Much of the winter discourse surrounded the baseball economic system, the flow of wild spending for the Dodgers, the apparent disparity in resources between the so-called “rich” and “poor” teams. The collapse of almost 12 regional sports network deals has thrown some franchises into the hottest ones, but the bigger problem is that they don't want to pay for what they need to put a competitive team on the field It's about having a team. Most fanbases don't want the Dodgers to become dynasty super teams like the Yankees and Red Sox. In the 1990s and 2000s, we believe that pay caps are a way to keep teams like the Dodgers, Mets, Philly, and Yankees. From wrapping the rest of the sport from a pay perspective.

Of course, the conversation was also directed to the salary floor that comes with a potential cap, and the union of players has vowed not to ensure that the salary cap is not implemented in sports.
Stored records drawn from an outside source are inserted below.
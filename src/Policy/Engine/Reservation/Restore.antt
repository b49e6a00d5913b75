-- ===== src/Policy/Engine/Reservation/Restore.antt =====
-- internal/policy/engine.go: what a reservation takes from the counts of requests in flight, and gives back.
use burnban.Prelude.{
  ℕ, ◌+◌, ◌-◌, ◌≤◌, ◌≡◌, String, Bool, true, false, ◌&&◌, List, [], ◌∷◌, ◌++◌, Bool-cases, inl, inr,
  length, refl, sym, ap, ◌∙◌, arith, eq_iff, and_true, if◌then◌else◌, str_eq,
}
use burnban.Prelude.Int.{ℤ, pos, leb_ℤ, add64, sub64, wrap64, ◌+ℤ◌, ◌-ℤ◌, max_int64}
use burnban.Policy.Types.{Context}
use burnban.Policy.Engine.State.{RuleCounterKey, Engine, key_eq, put, rule_has_counters}
use burnban.Policy.Engine.Evaluate.{IndexedRule}
use burnban.Policy.Engine.Prepare.{Reservation, has_concurrency, reserve}
use burnban.Policy.Engine.Reservation.{release_concurrency}

-- How often a key is listed.
abbrev pub occurrences : RuleCounterKey → List RuleCounterKey → ℕ
occurrences k [] = 0
occurrences k (key ∷ keys) = (if key_eq key k then 1 else 0) + occurrences k keys

abbrev pub key_for : String → IndexedRule → RuleCounterKey
key_for namespace indexed = record { namespace = namespace; rule_id = indexed.rule.id }

abbrev pub keys_where : (IndexedRule → Bool) → String → List IndexedRule → List RuleCounterKey
keys_where p namespace [] = []
keys_where p namespace (indexed ∷ rules) =
    let rest = keys_where p namespace rules in
    if p indexed then key_for namespace indexed ∷ rest else rest

abbrev pub limits_concurrency : IndexedRule → Bool
limits_concurrency indexed = has_concurrency indexed.rule

abbrev pub counts_usage : IndexedRule → Bool
counts_usage indexed = rule_has_counters indexed.rule

pub same_key : (a b : RuleCounterKey) → key_eq a b ≡ true → a ≡ b
unfolding key_eq
same_key a b h =
    let (x, y) = and_true (str_eq a.namespace b.namespace) (str_eq a.rule_id b.rule_id) h in
    cc ((eq_iff a.namespace b.namespace).0 x, (eq_iff a.rule_id b.rule_id).0 y)

append_one : {A : Type 0} (xs : List A) (x : A) (ys : List A) → (xs ++ x ∷ []) ++ ys ≡ xs ++ x ∷ ys
append_one [] x ys = refl
append_one (z ∷ xs) x ys = ap (λ t. z ∷ t) (append_one xs x ys)

append_end : {A : Type 0} (xs : List A) → xs ++ [] ≡ xs
append_end [] = refl
append_end (x ∷ xs) = ap (λ t. x ∷ t) (append_end xs)

keys_step :
    (p : Bool) (xs : List RuleCounterKey) (key : RuleCounterKey) (ys : List RuleCounterKey)
    → (if p then xs ++ key ∷ [] else xs) ++ ys ≡ xs ++ (if p then key ∷ ys else ys)
keys_step true xs key ys = append_one xs key ys
keys_step false xs key ys = refl

-- The reservation lists the keys that it counts under.
pub reserve_keys :
    (namespace : String) (now : ℤ) (context : Context) (rules : List IndexedRule) (e : Engine)
    (r : Reservation)
    → let r' = (reserve namespace now context rules e r).1 in
      (r'.concurrency_keys ≡ r.concurrency_keys ++ keys_where limits_concurrency namespace rules)
      × (r'.counter_keys ≡ r.counter_keys ++ keys_where counts_usage namespace rules)
      × (r'.pending_id ≡ r.pending_id)
unfolding reserve
reserve_keys namespace now context [] e r = (sym (append_end _), sym (append_end _), refl)
reserve_keys namespace now context (indexed ∷ rules) e r =
    let (c, u, i) = reserve_keys namespace now context rules _ _ in
    let key = key_for namespace indexed in
    (
      c
          ∙ keys_step (limits_concurrency indexed) r.concurrency_keys key
              (keys_where limits_concurrency namespace rules),
      u
          ∙ keys_step (counts_usage indexed) r.counter_keys key
              (keys_where counts_usage namespace rules),
      i,
    )

plus_one : (n : ℕ) → n + 1 ≤ max_int64 → add64 (pos n) (pos 1) ≡ pos (n + 1)
unfolding add64 wrap64 ◌+ℤ◌
plus_one n h = ground arith

minus_one :
    (n : ℕ)
    → n ≤ max_int64
    → (if leb_ℤ (pos n) (pos 1) then pos 0 else sub64 (pos n) (pos 1)) ≡ pos (n - 1)
unfolding sub64 wrap64 ◌-ℤ◌
minus_one n h = ground arith

abbrev bit : Bool → ℕ
bit true = 1
bit false = 0

raised :
    (m : RuleCounterKey → ℤ) (key k : RuleCounterKey) (n : ℕ) (p : Bool)
    → m k ≡ pos n
    → n + 1 ≤ max_int64
    → (if p then put key (add64 (m key) (pos 1)) m else m) k ≡ pos (n + bit (p && key_eq key k))
unfolding put
raised m key k n false h b = h ∙ ap pos (omega arith)
raised m key k n true h b = elim (Bool-cases (key_eq key k)) [
  | inl x ↦ rw x (
      ap (λ t. add64 (m t) (pos 1)) (same_key key k x)
      ∙ (ap (λ t. add64 t (pos 1)) h ∙ plus_one n b))
  | inr x ↦ rw x (h ∙ ap pos (omega arith))
]

occurrences_step :
    (k key : RuleCounterKey) (p : Bool) (ys : List RuleCounterKey)
    → occurrences k (if p then key ∷ ys else ys) ≡ bit (p && key_eq key k) + occurrences k ys
occurrences_step k key false ys = omega arith
occurrences_step k key true ys = elim (Bool-cases (key_eq key k)) [
  | inl x ↦ rw x refl
  | inr x ↦ rw x refl
]

at_most_one : (b : Bool) → bit b ≤ 1
at_most_one true = omega arith
at_most_one false = omega arith

-- The count in flight of a key after the rules have been gone through.
reserve_in_flight :
    (namespace : String) (now : ℤ) (context : Context) (k : RuleCounterKey)
    (rules : List IndexedRule) (e : Engine) (r : Reservation) (n : ℕ)
    → e.in_flight k ≡ pos n
    → n + length rules ≤ max_int64
    → (reserve namespace now context rules e r).0.in_flight k
      ≡ pos (n + occurrences k (keys_where limits_concurrency namespace rules))
unfolding reserve
reserve_in_flight namespace now context k [] e r n h b = h ∙ ap pos (omega arith)
reserve_in_flight namespace now context k (indexed ∷ rules) e r n h b =
    let key = key_for namespace indexed in
    let p = limits_concurrency indexed in
    let one = at_most_one (p && key_eq key k) in
    reserve_in_flight namespace now context k rules _ _ (n + bit (p && key_eq key k))
      (raised e.in_flight key k n p h (omega (arith, b))) (omega (arith, one, b))
    ∙ ap pos
        (omega (arith, occurrences_step k key p (keys_where limits_concurrency namespace rules)))

lowered :
    (m : RuleCounterKey → ℤ) (key k : RuleCounterKey) (n : ℕ)
    → m k ≡ pos n
    → n ≤ max_int64
    → put key (if leb_ℤ (m key) (pos 1) then pos 0 else sub64 (m key) (pos 1)) m k
      ≡ pos (n - bit (key_eq key k))
unfolding put
lowered m key k n h b = elim (Bool-cases (key_eq key k)) [
  | inl x ↦ rw x (
      ap (λ t. if leb_ℤ t (pos 1) then pos 0 else sub64 t (pos 1)) (ap m (same_key key k x) ∙ h)
      ∙ minus_one n b)
  | inr x ↦ rw x (h ∙ ap pos (omega arith))
]

release_in_flight :
    (k : RuleCounterKey) (keys : List RuleCounterKey) (e : Engine) (n : ℕ)
    → e.in_flight k ≡ pos n
    → n ≤ max_int64
    → (release_concurrency keys e).in_flight k ≡ pos (n - occurrences k keys)
unfolding release_concurrency
release_in_flight k [] e n h b = h ∙ ap pos (omega arith)
release_in_flight k (key ∷ keys) e n h b =
    release_in_flight k keys _ (n - bit (key_eq key k)) (lowered e.in_flight key k n h b)
      (omega (arith, b))
    ∙ ap pos (omega (arith, occurrences_step k key true keys))

few :
    (p : IndexedRule → Bool) (namespace : String) (k : RuleCounterKey) (rules : List IndexedRule)
    → occurrences k (keys_where p namespace rules) ≤ length rules
few p namespace k [] = omega arith
few p namespace k (indexed ∷ rules) =
    let key = key_for namespace indexed in
    omega (
      arith,
      few p namespace k rules,
      at_most_one (p indexed && key_eq key k),
      occurrences_step k key (p indexed) (keys_where p namespace rules),
    )

-- Giving the keys back restores the count.
pub in_flight_restored :
    (namespace : String) (now : ℤ) (context : Context) (k : RuleCounterKey)
    (rules : List IndexedRule) (e e1 : Engine) (r : Reservation) (n : ℕ)
    → r.concurrency_keys ≡ []
    → e.in_flight k ≡ pos n
    → n + length rules ≤ max_int64
    → e1.in_flight ≡ (reserve namespace now context rules e r).0.in_flight
    → (release_concurrency
          (reserve namespace now context rules e r).1.concurrency_keys
          e1).in_flight
        k
      ≡ pos n
in_flight_restored namespace now context k rules e e1 r n none h b q =
    let keys = keys_where limits_concurrency namespace rules in
    let (c, _, _) = reserve_keys namespace now context rules e r in
    ap (λ t. (release_concurrency t e1).in_flight k) (c ∙ ap (λ t. t ++ keys) none)
    ∙ (release_in_flight k keys e1 (n + occurrences k keys)
          (ap (λ t. t k) q ∙ reserve_in_flight namespace now context k rules e r n h b)
          (omega (arith, few limits_concurrency namespace k rules, b))
        ∙ ap pos (omega arith))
It is reasonable to believe that the owner will either lock out players after the 2026 season or that the player will attack in advance to prevent this.

It's a low rumble right now, but it's definitely a conversation going on this spring.

Ball and Strike Challenge System

At certain spring training ballparks, Major League Baseball will test the automatic ball and strike challenge system that could come to all MLB stadiums from next year. In short, if a pitcher, catcher or batsman doesn't agree to a ball or strike call by a umpire at the home plate, they can challenge that call. The video on the scoreboard shows whether the pitcher's path has crossed the plate in the strike zone.

Each team only gets two challenges per game, and one thing that needs to be resolved this spring is the speed at which the challenge takes place and how reliable the system is. However, except for those going to Haywire, this could be a preview of what comes in 2026.

It's not exactly a robot ampere, but it's the start.